Assignment:
Which lines run from the line containing "continue-Moves (err e) next s s' k h = k" through the end of the records below? Reproduce them exactly, and nothing else.

Data section:
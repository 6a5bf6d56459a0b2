-- ===== src/Storage/Session/Moves.antt =====
-- Relations of the tables before and after a step of a session, which chains of steps pass on.
use pg_monitor.Prelude.{Bool, true, false, List, [], ◌∷◌}
use pg_monitor.Exn.{Result, ok, err}
use pg_monitor.Storage.Orm.{Tables}
use pg_monitor.Storage.Session.{Session, Db, pure, continue, statement, select, update, ◌>>=◌, ◌>>◌}

-- A relation that holds from each table to itself, and passes through.
pub record IsPath {F : Type 0} (R : Tables F → Tables F → Type 0) : Type 0 where
  pub stay : (t : Tables F) → R t t
  pub chain : (t u v : Tables F) → R t u → R u v → R t v

-- A step that the relation covers, whether it succeeds or not.
abbrev pub Moves : {F A : Type 0} → (Tables F → Tables F → Type 0) → Db F A → Type 0
Moves {F} R m = (s : Session F) → R s.tables (m s).1.tables

module _ {F : Type 0} (R : Tables F → Tables F → Type 0) (p : IsPath R) where
  continue-Moves :
      {A B : Type 0} (r : Result A) (next : A → Db F B) (s s' : Session F)
      → R s.tables s'.tables
      → ((a : A) → Moves R (next a))
      → R s.tables (continue r next s').1.tables
  continue-Moves (ok a) next s s' k h = p.chain s.tables s'.tables _ k (h a s')
  continue-Moves (err e) next s s' k h = k

  pub >>=-Moves :
      {A B : Type 0} (m : Db F A) (next : A → Db F B)
      → Moves R m
      → ((a : A) → Moves R (next a))
      → Moves R (m >>= next)
  >>=-Moves m next k h s = continue-Moves (m s).0 next s (m s).1 (k s) h

  pub >>-Moves : {A B : Type 0} (m : Db F A) (n : Db F B) → Moves R m → Moves R n → Moves R (m >> n)
  >>-Moves m n k h = >>=-Moves m (λ _. n) k (λ _. h)

  pub pure-Moves : {A : Type 0} (a : A) → Moves R (pure a)
  pure-Moves a s = p.stay s.tables

  with_faults :
      (s : Session F) (l : List Bool) → R s.tables (statement (record s { faults = l })).1.tables
  unfolding statement
  with_faults s [] = p.stay s.tables
  with_faults s (true ∷ l) = p.stay s.tables
  with_faults s (false ∷ l) = p.stay s.tables

  pub statement-Moves : Moves R (statement {F = F})
  statement-Moves s = with_faults s s.faults

  pub select-Moves : {A : Type 0} (query : Tables F → A) → Moves R (select query)
  unfolding select
  select-Moves query =
      >>-Moves statement (λ s. (ok (query s.tables), s)) statement-Moves (λ s. p.stay s.tables)

  pub update-Moves :
      (change : Tables F → Tables F) → ((t : Tables F) → R t (change t)) → Moves R (update change)
  unfolding update
  update-Moves change h =
      >>-Moves statement (λ s. (ok tt, record s { tables = change s.tables })) statement-Moves
        (λ s. h s.tables)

Final answer:
  continue-Moves (err e) next s s' k h = k

  pub >>=-Moves :
      {A B : Type 0} (m : Db F A) (next : A → Db F B)
      → Moves R m
      → ((a : A) → Moves R (next a))
      → Moves R (m >>= next)
  >>=-Moves m next k h s = continue-Moves (m s).0 next s (m s).1 (k s) h

  pub >>-Moves : {A B : Type 0} (m : Db F A) (n : Db F B) → Moves R m → Moves R n → Moves R (m >> n)
  >>-Moves m n k h = >>=-Moves m (λ _. n) k (λ _. h)

  pub pure-Moves : {A : Type 0} (a : A) → Moves R (pure a)
  pure-Moves a s = p.stay s.tables

  with_faults :
      (s : Session F) (l : List Bool) → R s.tables (statement (record s { faults = l })).1.tables
  unfolding statement
  with_faults s [] = p.stay s.tables
  with_faults s (true ∷ l) = p.stay s.tables
  with_faults s (false ∷ l) = p.stay s.tables

  pub statement-Moves : Moves R (statement {F = F})
  statement-Moves s = with_faults s s.faults

  pub select-Moves : {A : Type 0} (query : Tables F → A) → Moves R (select query)
  unfolding select
  select-Moves query =
      >>-Moves statement (λ s. (ok (query s.tables), s)) statement-Moves (λ s. p.stay s.tables)

  pub update-Moves :
      (change : Tables F → Tables F) → ((t : Tables F) → R t (change t)) → Moves R (update change)
  unfolding update
  update-Moves change h =
      >>-Moves statement (λ s. (ok tt, record s { tables = change s.tables })) statement-Moves
        (λ s. h s.tables)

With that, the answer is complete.